+++ The data

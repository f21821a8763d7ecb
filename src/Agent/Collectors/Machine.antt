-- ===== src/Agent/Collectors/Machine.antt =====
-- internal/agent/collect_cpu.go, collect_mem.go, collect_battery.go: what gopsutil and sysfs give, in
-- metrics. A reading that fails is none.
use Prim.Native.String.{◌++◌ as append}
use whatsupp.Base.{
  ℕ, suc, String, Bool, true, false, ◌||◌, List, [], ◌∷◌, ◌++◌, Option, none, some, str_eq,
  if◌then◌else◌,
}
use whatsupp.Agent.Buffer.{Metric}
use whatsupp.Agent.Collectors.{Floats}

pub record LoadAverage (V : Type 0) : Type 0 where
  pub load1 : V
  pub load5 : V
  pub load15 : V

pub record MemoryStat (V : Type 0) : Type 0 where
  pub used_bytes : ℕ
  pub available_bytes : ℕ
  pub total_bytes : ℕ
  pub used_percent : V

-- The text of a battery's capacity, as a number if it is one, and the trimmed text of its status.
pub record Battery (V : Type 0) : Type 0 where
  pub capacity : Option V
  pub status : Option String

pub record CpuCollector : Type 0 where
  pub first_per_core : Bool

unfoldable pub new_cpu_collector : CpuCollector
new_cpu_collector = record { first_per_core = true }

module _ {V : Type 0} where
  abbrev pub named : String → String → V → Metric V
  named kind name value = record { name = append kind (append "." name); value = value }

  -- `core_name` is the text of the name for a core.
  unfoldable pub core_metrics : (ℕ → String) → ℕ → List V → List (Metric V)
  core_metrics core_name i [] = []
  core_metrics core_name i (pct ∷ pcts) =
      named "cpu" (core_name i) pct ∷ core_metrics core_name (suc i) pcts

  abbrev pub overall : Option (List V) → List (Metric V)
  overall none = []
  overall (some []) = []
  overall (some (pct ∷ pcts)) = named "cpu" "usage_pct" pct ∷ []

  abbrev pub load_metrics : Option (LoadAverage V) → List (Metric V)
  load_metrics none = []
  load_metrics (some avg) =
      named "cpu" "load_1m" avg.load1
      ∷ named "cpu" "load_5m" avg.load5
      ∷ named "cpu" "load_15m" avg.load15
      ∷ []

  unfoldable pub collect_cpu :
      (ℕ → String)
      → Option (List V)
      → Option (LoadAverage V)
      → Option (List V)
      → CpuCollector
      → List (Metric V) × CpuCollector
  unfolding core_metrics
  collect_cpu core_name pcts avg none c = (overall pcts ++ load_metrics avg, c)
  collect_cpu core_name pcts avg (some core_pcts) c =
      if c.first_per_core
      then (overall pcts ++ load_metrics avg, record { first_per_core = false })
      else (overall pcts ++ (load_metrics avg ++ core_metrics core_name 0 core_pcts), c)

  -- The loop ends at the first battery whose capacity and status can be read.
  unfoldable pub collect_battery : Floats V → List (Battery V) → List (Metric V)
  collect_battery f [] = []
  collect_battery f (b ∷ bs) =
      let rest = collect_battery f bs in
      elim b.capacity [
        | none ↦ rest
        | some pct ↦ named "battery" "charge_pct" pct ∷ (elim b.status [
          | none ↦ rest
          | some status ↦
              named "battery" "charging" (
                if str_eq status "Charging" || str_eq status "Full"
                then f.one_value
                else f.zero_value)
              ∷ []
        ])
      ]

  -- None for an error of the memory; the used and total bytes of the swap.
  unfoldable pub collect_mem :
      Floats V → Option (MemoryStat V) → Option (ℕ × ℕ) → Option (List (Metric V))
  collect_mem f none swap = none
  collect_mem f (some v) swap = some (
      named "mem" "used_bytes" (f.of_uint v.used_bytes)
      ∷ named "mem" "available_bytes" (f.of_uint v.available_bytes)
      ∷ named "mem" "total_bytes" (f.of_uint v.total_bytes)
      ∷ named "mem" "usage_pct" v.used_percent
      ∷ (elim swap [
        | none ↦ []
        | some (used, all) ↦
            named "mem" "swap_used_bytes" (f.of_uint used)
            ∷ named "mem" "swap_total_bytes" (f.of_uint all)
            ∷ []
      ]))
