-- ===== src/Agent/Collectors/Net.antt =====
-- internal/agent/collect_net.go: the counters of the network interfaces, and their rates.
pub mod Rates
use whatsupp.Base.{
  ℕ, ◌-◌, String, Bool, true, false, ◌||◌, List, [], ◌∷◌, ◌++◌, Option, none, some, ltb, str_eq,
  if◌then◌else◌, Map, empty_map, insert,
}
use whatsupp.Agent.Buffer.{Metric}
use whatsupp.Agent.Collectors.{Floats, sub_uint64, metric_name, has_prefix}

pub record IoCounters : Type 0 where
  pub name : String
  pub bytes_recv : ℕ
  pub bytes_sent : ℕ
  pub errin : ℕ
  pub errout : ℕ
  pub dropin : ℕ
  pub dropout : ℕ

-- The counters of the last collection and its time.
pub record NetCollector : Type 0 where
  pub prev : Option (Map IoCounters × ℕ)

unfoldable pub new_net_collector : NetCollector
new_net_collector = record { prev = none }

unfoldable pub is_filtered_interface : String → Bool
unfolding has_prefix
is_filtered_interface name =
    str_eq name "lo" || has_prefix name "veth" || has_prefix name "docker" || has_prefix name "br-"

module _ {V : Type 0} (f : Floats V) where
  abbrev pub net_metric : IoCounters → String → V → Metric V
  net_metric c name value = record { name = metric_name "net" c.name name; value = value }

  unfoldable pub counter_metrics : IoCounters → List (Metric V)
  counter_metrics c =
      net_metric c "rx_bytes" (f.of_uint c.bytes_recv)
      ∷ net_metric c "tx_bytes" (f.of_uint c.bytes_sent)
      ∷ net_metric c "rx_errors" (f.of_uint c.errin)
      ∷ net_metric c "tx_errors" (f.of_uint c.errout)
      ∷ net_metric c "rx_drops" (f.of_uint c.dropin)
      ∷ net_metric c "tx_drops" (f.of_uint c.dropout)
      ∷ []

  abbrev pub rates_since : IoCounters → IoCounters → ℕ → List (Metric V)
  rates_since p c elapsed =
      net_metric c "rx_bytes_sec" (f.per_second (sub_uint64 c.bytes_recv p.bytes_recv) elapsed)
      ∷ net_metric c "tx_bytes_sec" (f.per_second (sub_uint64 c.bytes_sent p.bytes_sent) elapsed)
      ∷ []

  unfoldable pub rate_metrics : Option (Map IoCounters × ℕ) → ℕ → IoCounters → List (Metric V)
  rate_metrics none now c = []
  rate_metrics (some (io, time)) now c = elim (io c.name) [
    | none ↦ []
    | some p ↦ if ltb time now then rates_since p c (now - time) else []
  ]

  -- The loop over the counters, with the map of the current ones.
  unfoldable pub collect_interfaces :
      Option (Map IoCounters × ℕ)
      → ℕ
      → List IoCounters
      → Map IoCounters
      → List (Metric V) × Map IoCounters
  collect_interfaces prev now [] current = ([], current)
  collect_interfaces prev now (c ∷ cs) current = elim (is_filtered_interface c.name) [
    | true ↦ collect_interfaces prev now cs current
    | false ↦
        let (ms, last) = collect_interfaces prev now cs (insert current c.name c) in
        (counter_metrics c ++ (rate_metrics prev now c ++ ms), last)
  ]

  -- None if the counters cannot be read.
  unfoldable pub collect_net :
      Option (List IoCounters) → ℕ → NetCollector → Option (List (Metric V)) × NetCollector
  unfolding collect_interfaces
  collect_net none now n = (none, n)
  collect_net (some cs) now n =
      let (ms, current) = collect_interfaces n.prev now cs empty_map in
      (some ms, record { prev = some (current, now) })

++++++

• [Problem to work on]:
Go through the listing above and list every line that has the word "then".

• [Your solution]:
  if◌then◌else◌,
      then (overall pcts ++ load_metrics avg, record { first_per_core = false })
                then f.one_value
  if◌then◌else◌, Map, empty_map, insert,
    | some p ↦ if ltb time now then rates_since p c (now - time) else []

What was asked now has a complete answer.